The fire was burning hot now. The iron stove began to pop and strain with the heat. She got up to close the damper.

“You need to talk to Frederich before he goes—or is taken. If they catch him, I think they’ll send him to the prison in town. It is a terrible place, Caroline. You have to talk to him now. You
have
to if you are ever going to sort this out.”

“You don’t know how disinclined he was to listen.”

“He is not a cruel man, Caroline,” he said when she sat down again. “I remember that you once thought so—after Ann died.”

“Yes. It has taken me a long time to get past his treatment of her that day. She was so young when he married her.”

“She was what we call the
Backfisch—
young—yes, but of age. She wanted the marriage. You know that. Frederich was her first infatuation, her
Schwarmerei.
And I must tell you that what you saw the day she died, you didn’t understand—”

“What I saw was his indifference. He wanted a son—she wasn’t well enough to have any more children—but he didn’t care about that. He didn’t care if it killed her.”

“You are very wrong.”

“I was
there,
Johann.”

“Yes, you were there. But you still didn’t know the truth.”

“What truth?”

“The truth I’m going to tell you now. I had thought that it wasn’t my place to speak about it, that people would be hurt unnecessarily—that
you
would be hurt, Caroline. But there is too much at stake here. Frederich’s children need the both of you—”

“Johann, please! Just tell me what it is or go away!”

“All right. There is a reason why Frederich is compelled to believe that letter.”

“Reason,” she repeated. “And the ‘reason’ is also the ‘truth’?”

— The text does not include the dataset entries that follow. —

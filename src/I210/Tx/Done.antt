-- ===== src/I210/Tx/Done.antt =====
-- Which descriptors txReclaim of src/backends/IGBCustomPMD/Intel_I210.hpp takes back.
use abtrda.Prelude.{
  ℕ, zero, suc, ◌+◌, ◌*◌, ◌%◌, ◌==◌, ◌≤◌, ◌<◌, ◌≡◌, refl, ◌∙◌, ap, sym, subst, ◌≢◌, ◌⊎◌, inl, inr,
  if◌then◌else◌, Bool, true, false, Option, none, some, arith, leb, Bool-cases, get_or,
  get_or-set_ne,
}
use abtrda.Ring.{bump, Ahead, Ahead-bump_back, Ahead-unbump}
use abtrda.I210.Tx.{
  zero_desc, TxRing, txd_stat_dd, retire, tx_reclaim_from, tx_reclaim, fill_desc, acquire_free,
  acquire,
}
use abtrda.I210.Tx.Cursors.{IsValid, retire-IsValid, Reclaimed, tx_reclaim_from-Reclaimed}

-- The NIC has marked the descriptor of a slot done: bit 0 of the word that it writes back.
abbrev pub is_done : TxRing → ℕ → Bool
is_done r slot = (get_or r.descs slot zero_desc).olinfo_status % 2 == 1

module _ (n buff_size : ℕ) (phys : ℕ → ℕ) where
  -- `s` is `r` after its `back` oldest descriptors, all marked done, were taken back.
  pub record Back (r s : TxRing) : Type 0 where
    pub back : ℕ
    pub counted : s.in_flight + back ≡ r.in_flight
    pub moved : Ahead n r.clean_head back s.clean_head
    pub done : (j slot : ℕ) → j < back → Ahead n r.clean_head j slot → is_done r slot ≡ true
    pub same_tail : s.tail ≡ r.tail
    pub same_buffer : s.buffer ≡ r.buffer
    pub none_back : back ≡ 0 → s ≡ r

  Back-self : (r : TxRing) → IsValid n buff_size r → Back r r
  Back-self r v = record {
    back = 0;
    counted = omega arith;
    moved = (v.spans.0, v.spans.0, inl (omega arith));
    done = λ j slot h a. absurd (omega (arith, h));
    same_tail = refl;
    same_buffer = refl;
    none_back = λ e. refl;
  }

  -- The oldest of the slots taken back, and the ones after it.
  done_next :
      (r : TxRing) (b j slot : ℕ)
      → b < n
      → is_done r r.clean_head ≡ true
      → ((i t : ℕ)
          → i < b
          → Ahead n (bump n r.clean_head) i t
          → is_done (retire n buff_size phys r) t ≡ true)
      → j < suc b
      → Ahead n r.clean_head j slot
      → is_done r slot ≡ true
  unfolding retire
  done_next r b zero slot h e f l a =
      let same : r.clean_head ≡ slot = ground (arith, a) in subst (λ t. is_done r t ≡ true) same e
  done_next r b (suc j) slot h e f l a =
      let apart : r.clean_head ≢ slot = λ q. ground (arith, a, q, h, l) in
      let other =
        get_or-set_ne r.descs (record (get_or r.descs r.clean_head zero_desc) { olinfo_status = 0 })
          zero_desc apart in
      ap txd_stat_dd (sym other)
      ∙ f j slot (omega (arith, l))
          (Ahead-bump_back n r.clean_head j slot (omega (arith, l, h)) (ground (arith, a)))

  fewer :
      (r : TxRing) (k : ℕ)
      → suc k ≡ r.in_flight
      → (retire n buff_size phys r).in_flight + 1 ≡ r.in_flight
  unfolding retire
  fewer r k h = omega (arith, h)

  after :
      (k : ℕ) (r : TxRing)
      → suc k ≡ r.in_flight
      → IsValid n buff_size r
      → is_done r r.clean_head ≡ true
      → Back
          (retire n buff_size phys r)
          (tx_reclaim_from n buff_size phys k (retire n buff_size phys r))
      → (retire n buff_size phys r).in_flight + 1 ≡ r.in_flight
      → Back r (tx_reclaim_from n buff_size phys k (retire n buff_size phys r))
  unfolding retire
  after k r h v e b less =
      let small : b.back < n = omega (arith, b.counted, less, v.fits) in
      record {
        back = suc b.back;
        counted = omega (arith, b.counted, less);
        moved = Ahead-unbump n r.clean_head b.back _ small v.spans.0 b.moved;
        done = λ j slot l a. done_next r b.back j slot small e b.done l a;
        same_tail = b.same_tail;
        same_buffer = b.same_buffer;
        none_back = λ z. absurd (omega (arith, z));
      }

  tx_reclaim_from-Back :
      (k : ℕ) (r : TxRing)
      → k ≡ r.in_flight
      → IsValid n buff_size r
      → Back r (tx_reclaim_from n buff_size phys k r)
  unfolding tx_reclaim_from
  tx_reclaim_from-Back zero r h v = Back-self r v
  tx_reclaim_from-Back (suc k) r h v = elim (Bool-cases (is_done r r.clean_head)) [
    | inl e ↦
        let w = retire-IsValid n buff_size phys k r (sym h) v in
        let less : (retire n buff_size phys r).in_flight + 1 ≡ r.in_flight = fewer r k h in
        let b = tx_reclaim_from-Back k (retire n buff_size phys r) (omega (arith, h, less)) w in
        rw e (after k r h v e b less)
    | inr e ↦ rw e (Back-self r v)
  ]

  -- What acquire makes of a ring: no room, every descriptor being in flight and the oldest not marked done;
  -- or room at the tail, after some were taken back.
  abbrev pub Got : ℕ → TxRing → Option ℕ → TxRing → Type 0
  Got frame_len r o s =
      ((o ≡ none) × (s ≡ r) × (r.in_flight ≡ n) × (is_done r r.clean_head ≡ false))
      ⊎ ((m : TxRing) × (o ≡ some (m.tail * buff_size))
          × (s ≡ fill_desc n buff_size phys frame_len m)
          × (m.in_flight < n)
          × Back r m)

  free-Got :
      (frame_len : ℕ) (r m : TxRing)
      → Back r m
      → m.in_flight ≤ n
      → (m.in_flight ≡ n → (m ≡ r) × (r.in_flight ≡ n) × (is_done r r.clean_head ≡ false))
      → let a = acquire_free n buff_size phys frame_len m in Got frame_len r a.0 a.1
  unfolding acquire_free
  free-Got frame_len r m b f h = elim (Bool-cases (leb n m.in_flight)) [
    | inl e ↦
        let (same, full, stuck) = h (ground (arith, e, f)) in rw e (inl (refl, same, full, stuck))
    | inr e ↦ rw e (inr (m, refl, refl, ground (arith, e), b))
  ]

  stuck :
      (r m : TxRing)
      → 0 < n
      → r.in_flight ≤ n
      → Back r m
      → Reclaimed n buff_size phys r m
      → m.in_flight ≡ n
      → (m ≡ r) × (r.in_flight ≡ n) × (is_done r r.clean_head ≡ false)
  stuck r m z f b c full =
      let same : m ≡ r = b.none_back (omega (arith, b.counted, f, full)) in
      let waits : is_done m m.clean_head ≡ false = ground (arith, c.stops, full, z) in
      (
        same,
        omega (arith, b.counted, f, full),
        subst (λ x. is_done x x.clean_head ≡ false) same waits,
      )

  if_full-Got :
      (b : Bool) (frame_len : ℕ) (r : TxRing)
      → leb n r.in_flight ≡ b
      → 0 < n
      → IsValid n buff_size r
      → let a =
          if b
          then acquire_free n buff_size phys frame_len (tx_reclaim n buff_size phys r)
          else acquire_free n buff_size phys frame_len r in
        Got frame_len r a.0 a.1
  unfolding tx_reclaim
  if_full-Got true frame_len r e z v =
      let m = tx_reclaim_from n buff_size phys r.in_flight r in
      let b = tx_reclaim_from-Back r.in_flight r refl v in
      let c = tx_reclaim_from-Reclaimed n buff_size phys r.in_flight r refl in
      free-Got frame_len r m b (omega (arith, b.counted, v.fits))
        (λ full. stuck r m z v.fits b c full)
  if_full-Got false frame_len r e z v =
      free-Got frame_len r r (Back-self r v) v.fits (λ full. absurd (ground (arith, e, full)))

  pub acquire-Got :
      (frame_len : ℕ) (r : TxRing)
      → 0 < n
      → IsValid n buff_size r
      → let a = acquire n buff_size phys frame_len r in Got frame_len r a.0 a.1
  unfolding acquire
  acquire-Got frame_len r z v = if_full-Got (leb n r.in_flight) frame_len r refl z v
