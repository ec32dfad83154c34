-- ===== src/I210/Tx/Slots.antt =====
-- The slot, the descriptor and the buffer memory after a send: send of
-- src/backends/IGBCustomPMD/Intel_I210.hpp.
use Prim.Native.Nat.{bit_or}
use native.Mathlib.Nat.{mul-le-mul_right}
use abtrda.Prelude.{
  ℕ, suc, ◌+◌, ◌-◌, ◌*◌, ◌^◌, ◌≤◌, ◌<◌, ◌≡◌, refl, ap, ap₂, subst, ◌∙◌, length-set, get_or,
  get_or-set_self, ◌⊎◌, inl, inr, Bool, true, false, Option, some, List, arith, leb, length, u32,
}
use abtrda.Bytes.{overlay, slice, memcpy}
use abtrda.Bytes.Laws.{length-overlay, slice-overlay_self}
use abtrda.Ring.{bump, Ahead}
use abtrda.I210.Tx.{
  TxDesc, zero_desc, TxRing, txd_cmd, txd_paylen_shift, fill_desc, acquire, commit, send_into, send,
}
use abtrda.I210.Tx.Done.{is_done, Back, Got, acquire-Got}
use abtrda.I210.Tx.Cursors.{IsValid, acquire-Acquired, commit-IsValid}

module _ (n buff_size : ℕ) (phys : ℕ → ℕ) where
  slot_fits : (t : ℕ) → t < n → t * buff_size + buff_size ≤ n * buff_size
  slot_fits t h = omega (arith, mul-le-mul_right {m = suc t} {n = n} buff_size h)

  -- The frame has gone into the slot at the old tail: its descriptor has the buffer's address and the frame's
  -- length, the buffer memory differs only in the frame's bytes, the slots that were taken back for it
  -- are the oldest and were all marked done by the NIC, and the slot is none of those still in flight.
  pub record Sent (frame : List ℕ) (r s : TxRing) : Type 0 where
    pub follows : s.tail ≡ bump n r.tail
    pub writes : s.buffer ≡ overlay (r.tail * buff_size) frame r.buffer
    pub holds : slice (r.tail * buff_size) (length frame) s.buffer ≡ frame
    pub described : get_or s.descs r.tail zero_desc ≡ record {
      buffer_addr = phys (r.tail * buff_size);
      cmd_type_len = bit_or txd_cmd (u32 (length frame));
      olinfo_status = u32 (u32 (length frame) * 2 ^ txd_paylen_shift);
    }
    pub back : ℕ
    pub counted : s.in_flight + back ≡ r.in_flight + 1
    pub moved : Ahead n r.clean_head back s.clean_head
    pub done : (j slot : ℕ) → j < back → Ahead n r.clean_head j slot → is_done r slot ≡ true
    pub unused : Ahead n s.clean_head (s.in_flight - 1) r.tail

  -- The two outcomes of `send`.
  abbrev pub Delivered : List ℕ → TxRing → Bool × TxRing → Type 0
  Delivered frame r o =
      ((o.0 ≡ false) × (o.1 ≡ r) × (r.in_flight ≡ n) × (is_done r r.clean_head ≡ false))
      ⊎ ((o.0 ≡ true) × Sent frame r o.1)

  send_into-Sent :
      (frame : List ℕ) (r m : TxRing)
      → n ≤ 2 ^ 32
      → length frame ≤ buff_size
      → m.in_flight < n
      → Back n buff_size phys r m
      → IsValid n buff_size (fill_desc n buff_size phys (u32 (length frame)) m)
      → (s : TxRing) × (send_into n buff_size phys frame
            (some (m.tail * buff_size), fill_desc n buff_size phys (u32 (length frame)) m)
          ≡ some (true, s))
        × IsValid n buff_size s
        × Sent frame r s
  unfolding send_into memcpy fill_desc commit
  send_into-Sent frame r m w f room b v = (
    commit n buff_size phys full,
    rw inside refl,
    commit-IsValid n buff_size phys full w room (ground (arith, v, kept)),
    record {
      follows = ap (bump n) b.same_tail;
      writes = ap₂ (λ t x. overlay (t * buff_size) frame x) b.same_tail b.same_buffer;
      holds =
          subst (λ t. slice (t * buff_size) (length frame) full.buffer ≡ frame) b.same_tail
            (slice-overlay_self (m.tail * buff_size) frame m.buffer fits);
      described =
          subst (λ t. get_or filled.descs t zero_desc ≡ desc t) b.same_tail
            (get_or-set_self m.descs m.tail (desc m.tail) zero_desc room_for);
      back = b.back;
      counted = omega (arith, b.counted);
      moved = b.moved;
      done = b.done;
      unused =
          subst (Ahead n m.clean_head (m.in_flight + 1 - 1)) b.same_tail (ground (arith, v.spans));
    },
  )
    where
      desc : ℕ → TxDesc
      desc t = record {
        buffer_addr = phys (t * buff_size);
        cmd_type_len = bit_or txd_cmd (u32 (length frame));
        olinfo_status = u32 (u32 (length frame) * 2 ^ txd_paylen_shift);
      }

      filled : TxRing
      filled = fill_desc n buff_size phys (u32 (length frame)) m

      full : TxRing
      full = record filled { buffer = overlay (m.tail * buff_size) frame m.buffer }

      room_for : m.tail < length m.descs
      room_for = omega (arith, v.spans.1, v.sized, length-set m.descs m.tail (desc m.tail))

      fits : m.tail * buff_size + length frame ≤ length m.buffer
      fits = omega (arith, slot_fits m.tail v.spans.1, v.roomy)

      inside : leb (m.tail * buff_size + length frame) (length m.buffer) ≡ true
      inside = ground (arith, fits)

      kept : length (overlay (m.tail * buff_size) frame m.buffer) ≡ length m.buffer
      kept = length-overlay (m.tail * buff_size) frame m.buffer

  -- The result of `send` before and after the offset is known.
  Delivers : List ℕ → TxRing → Option (Bool × TxRing) → Type 0
  Delivers frame r o =
      (sent : Bool) × (s : TxRing) × (o ≡ some (sent, s))
      × IsValid n buff_size s
      × Delivered frame r (sent, s)

  deliver :
      (frame : List ℕ) (r : TxRing) (a : Option ℕ × TxRing)
      → n ≤ 2 ^ 32
      → length frame ≤ buff_size
      → IsValid n buff_size a.1
      → Got n buff_size phys (u32 (length frame)) r a.0 a.1
      → Delivers frame r (send_into n buff_size phys frame a)
  unfolding Delivers send_into
  deliver frame r (o, x) w f v (inl (e, same, full, waits)) = (
    false,
    x,
    ap (λ q. send_into n buff_size phys frame (q, x)) e,
    v,
    inl (refl, same, full, waits),
  )
  deliver frame r (o, x) w f v (inr (m, e, same, room, b)) =
      let (s, eq, u, sent) =
        send_into-Sent frame r m w f room b (subst (IsValid n buff_size) same v) in
      (
        true,
        s,
        ap₂ (λ q y. send_into n buff_size phys frame (q, y)) e same ∙ eq,
        u,
        inr (refl, sent),
      )

  pub send-delivers :
      (frame : List ℕ) (r : TxRing)
      → 0 < n
      → n ≤ 2 ^ 32
      → length frame ≤ buff_size
      → IsValid n buff_size r
      → (sent : Bool) × (s : TxRing) × (send n buff_size phys frame r ≡ some (sent, s))
        × IsValid n buff_size s
        × Delivered frame r (sent, s)
  unfolding send Delivers
  send-delivers frame r z w f v =
      let a = acquire-Acquired n buff_size phys (u32 (length frame)) r v in
      deliver frame r (acquire n buff_size phys (u32 (length frame)) r) w f a.valid
        (acquire-Got n buff_size phys (u32 (length frame)) r z v)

“It is,” he said, ignoring her resurrected sarcasm. “Eli never wanted to come to this country—any more than Frederich had before him—and his efforts to learn how to live here and to do his part for the family were halfhearted at best. To say that Eli Graeber was unreliable would be an understatement—perhaps you did know about that part of it. Eli made it very clear that he was no farmer and he had no intention of becoming one. It didn’t matter to him that he owned half the land or that Frederich needed his help. It only mattered that his father had forced him to come to a place he didn’t want to go. But whether his resentment of Frederich and his father is what caused him to do what he did, or whether it came out of loneliness or some other genuine emotion, I can’t say. I only know the end result. Your sister died when she miscarried her child—but the baby that killed her was not Frederich’s—”

“That’s not true! I don’t believe you!” she cried. “Ann would never have—”

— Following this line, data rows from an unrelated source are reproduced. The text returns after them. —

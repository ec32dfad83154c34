-- ===== src/I210/Tx/Reach.antt =====
-- The transmit ring in any run: sends, frames written in place and the NIC's write-backs, in any
-- order.
use abtrda.Prelude.{
  ℕ, ◌*◌, ◌^◌, ◌≤◌, ◌<◌, ◌≡◌, subst, Bool, some, List, arith, length, set, length-set, get_or,
}
use abtrda.I210.Tx.{TxDesc, zero_desc, TxRing, acquire, commit, send}
use abtrda.I210.Tx.Cursors.{IsValid, Acquired, acquire-Acquired, commit-IsValid}
use abtrda.I210.Tx.Slots.{send-delivers}

module _ (n buff_size : ℕ) (phys : ℕ → ℕ) where
  -- The cursors after initTx, the tail register being zero after the reset.
  abbrev pub init_tx : List TxDesc → List ℕ → TxRing
  init_tx descs buffer = record {
    descs = descs;
    buffer = buffer;
    tail = 0;
    clean_head = 0;
    in_flight = 0;
    tdt = 0;
  }

  pub data TxReach : TxRing → Type 0 where
    starts :
        (descs : List TxDesc) (buffer : List ℕ)
        → length descs ≡ n
        → length buffer ≡ n * buff_size
        → TxReach (init_tx descs buffer)
    sends :
        (frame : List ℕ) (r : TxRing) (sent : Bool) (s : TxRing)
        → TxReach r
        → length frame ≤ buff_size
        → send n buff_size phys frame r ≡ some (sent, s)
        → TxReach s
    -- A client that acquires room, writes any bytes and commits.
    commits :
        (frame_len : ℕ) (r : TxRing) (at : ℕ) (s : TxRing) (buffer : List ℕ)
        → TxReach r
        → acquire n buff_size phys frame_len r ≡ (some at, s)
        → length buffer ≡ n * buff_size
        → TxReach (commit n buff_size phys (record s { buffer = buffer }))
    -- The NIC writes a status word to any descriptor.
    writes_back :
        (i status : ℕ) (r : TxRing)
        → TxReach r
        → TxReach (record r {
          descs = set r.descs i (record (get_or r.descs i zero_desc) { olinfo_status = status });
        })

  -- For a ring of 1 to 2^32 descriptors, in every state that sends, frames written in place and
  -- write-backs of the NIC lead to, the tail is as many slots ahead of the clean head as descriptors
  -- are in flight, these are at most as many as the ring has, and the tail register is the tail.
  pub TxReach-IsValid : (r : TxRing) → 0 < n → n ≤ 2 ^ 32 → TxReach r → IsValid n buff_size r
  TxReach-IsValid _ z w (starts descs buffer d b) = ground (arith, d, b)
  TxReach-IsValid _ z w (sends frame r sent s p f e) =
      let (sent', s', e', v, x) =
        send-delivers n buff_size phys frame r z w f (TxReach-IsValid r z w p) in
      subst (IsValid n buff_size) (ground (arith, e, e')) v
  TxReach-IsValid _ z w (commits frame_len r at s buffer p e b) =
      let a : Acquired n buff_size phys (some at) s =
        subst (λ q. Acquired n buff_size phys q.0 q.1) e
          (acquire-Acquired n buff_size phys frame_len r (TxReach-IsValid r z w p)) in
      let v = a.valid in
      commit-IsValid n buff_size phys (record s { buffer = buffer }) w (ground (arith, a.gives))
        (ground (arith, v, b))
  TxReach-IsValid _ z w (writes_back i status r p) =
      let v = TxReach-IsValid r z w p in
      ground (
        arith,
        length-set r.descs i (record (get_or r.descs i zero_desc) { olinfo_status = status }),
      )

“The baby was Eli’s, Caroline.”

“I don’t believe you!” she said again. She stood up, but there was no place she could go to get away from Johann’s revelation.
Ann and Eli? Never!

“Yes, well, there is a great deal of disbelief floating around this day,” Johann said. “But for whatever reason—revenge on his part or human weakness on hers—Eli and Ann
were
lovers, Caroline. The day she died—before you arrived—I heard her confession. And without Frederich’s knowledge or permission, I arranged for her to see Eli alone. The promise Eli mentions in this letter I believe was made then. I believe his promise was to her, not to you. I think he promised to take care of the three most important people in the world to her should they ever need it—Mary Louise and Lise—and you.”